Random.Start: Generate a Random Orthogonal Rotation
In GPArotation: Gradient Projection Factor Rotation
Random.Start R Documentation
Generate a Random Orthogonal Rotation
Description
Random orthogonal rotation to use as Tmat matrix to start GPFRSorth, GPFRSoblq, GPForth, or GPFoblq.
Usage
Random.Start(k)
Arguments
k
An integer indicating the dimension of the square matrix.
Details
The random start function produces an orthogonal matrix with columns
of length one based on the QR decompostion.
Value
An orthogonal matrix.
Author(s)
Coen A. Bernaards and Robert I. Jennrich
with some R modifications by Paul Gilbert
See Also
GPFRSorth,
GPFRSoblq,
GPForth,
GPFoblq,
oblimin
Examples
Random.Start <- function(k,orthogonal=TRUE){
# routine for generating orthogonal or oblique random matrix
mat <- matrix(rnorm(k*k),k)
if (orthogonal){
ans <- qr.Q(qr(mat))
}
else{
ans <- mat %*% diag(1/sqrt(diag(crossprod(mat))))
}
ans
}
data("Thurstone", package="GPArotation")
simplimax(box26,Tmat = Random.Start(3, TRUE))
simplimax(box26,Tmat = Random.Start(3, FALSE))
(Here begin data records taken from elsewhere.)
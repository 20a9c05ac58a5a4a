-- ===== src/Contiguous/Teardown.antt =====
-- What `release` of the contiguous oracle does.
use chip_hackathon_f.Prelude.{
  ℕ, ◌+◌, ◌≡◌, ap, some, List, [], ◌++◌, arith, nat_eq, count, count-append, length, length-append,
}
use chip_hackathon_f.Dict.{get, erase, weight-erase}
use chip_hackathon_f.Exec.{Returns, returns, Returns-continue}
use chip_hackathon_f.Alloc.{SeqId, seq_id_eq, Pool}
use chip_hackathon_f.Alloc.Invariant.{uses}
use chip_hackathon_f.Contiguous.{Extent, SpanState, lengths, release}
use chip_hackathon_f.Contiguous.Extents.{within, cover-return_extent, size-return_extent}
use chip_hackathon_f.Contiguous.Invariant.{SpanInv, unref_blocks-Freed}

module _ {size : ℕ} where
  -- In a contiguous pool that satisfies the invariant, where the span of the sequence is made up of its table, its reserved blocks and the blocks of it
  -- that were freed before (its scratch), `release` returns: the sequence is forgotten, no block is
  -- left in between, and the invariant holds.
  pub contiguous_release :
      (held limbo : List ℕ) (k : SeqId) (table r : List ℕ) (span : Extent) (s : Pool SpanState)
      → SpanInv size held limbo s
      → get k s.tables ≡ some table
      → get k s.placement.reserved ≡ some r
      → get k s.placement.spans ≡ some span
      → ((x : ℕ) → within x span ≡ count x table + count x r + count x limbo)
      → span.size ≡ length table + length r + length limbo
      → Returns
          (λ _ t.
            SpanInv size held [] t
            × (t.tables ≡ erase k s.tables)
            × (t.placement.reserved ≡ erase k s.placement.reserved)
            × (t.placement.spans ≡ erase k s.placement.spans))
          (release k s)
  unfolding release
  contiguous_release held limbo k table r span s v e f g parts sizes = rw e (
      Returns-continue _ (unref_blocks-Freed table held limbo _ forgotten) λ _ t u.
        let f' : get k t.placement.reserved ≡ some r = rw u.same_placement f in
        let g' : get k t.placement.spans ≡ some span = rw u.same_placement g in
        rw (f', g')
          (returns (
            record {
              counted = u.inv.counted;
              placed = λ x. ground (
                arith,
                u.inv.placed x,
                parts x,
                cover-return_extent x span t.placement.extents,
                weight-erase (uses x) k t.placement.reserved,
                f',
                count-append x table limbo,
              );
              alone = u.inv.alone;
              alive = u.inv.alive;
              ledger = u.inv.ledger;
              whole = ground (
                arith,
                u.inv.whole,
                sizes,
                size-return_extent span t.placement.extents,
                weight-erase lengths k t.placement.reserved,
                f',
                length-append table limbo,
              );
              sized = u.inv.sized;
            },
            u.same_tables,
            ap (λ p. erase k p.reserved) u.same_placement,
            ap (λ p. erase k p.spans) u.same_placement,
          )))
    where
      forgotten : SpanInv size (table ++ held) limbo (record s { tables = erase k s.tables })
      forgotten = record {
        counted = λ x.
            ground
              (arith, v.counted x, weight-erase (uses x) k s.tables, e, count-append x table held);
        placed = v.placed;
        alone = v.alone;
        alive = v.alive;
        ledger = v.ledger;
        whole = v.whole;
        sized = v.sized;
      }
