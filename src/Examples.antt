-- ===== src/Examples.antt =====
-- Tests of the definitions and of the theorems at concrete pools, geometries and batches.
mod Pools
mod Frames
mod Spans
mod Serving
mod Memory
mod Sorting
mod Service
mod Streams
mod Command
# covariance matrix is Phi = t(Th) %*% Th
rms <- Random.Start(3, FALSE)
t(rms) %*% rms # covariance matrix because oblique rms
rms <- Random.Start(3, TRUE)
t(rms) %*% rms # identity matrix because orthogonal rms
GPArotation documentation built on Nov. 16, 2023, 5:09 p.m.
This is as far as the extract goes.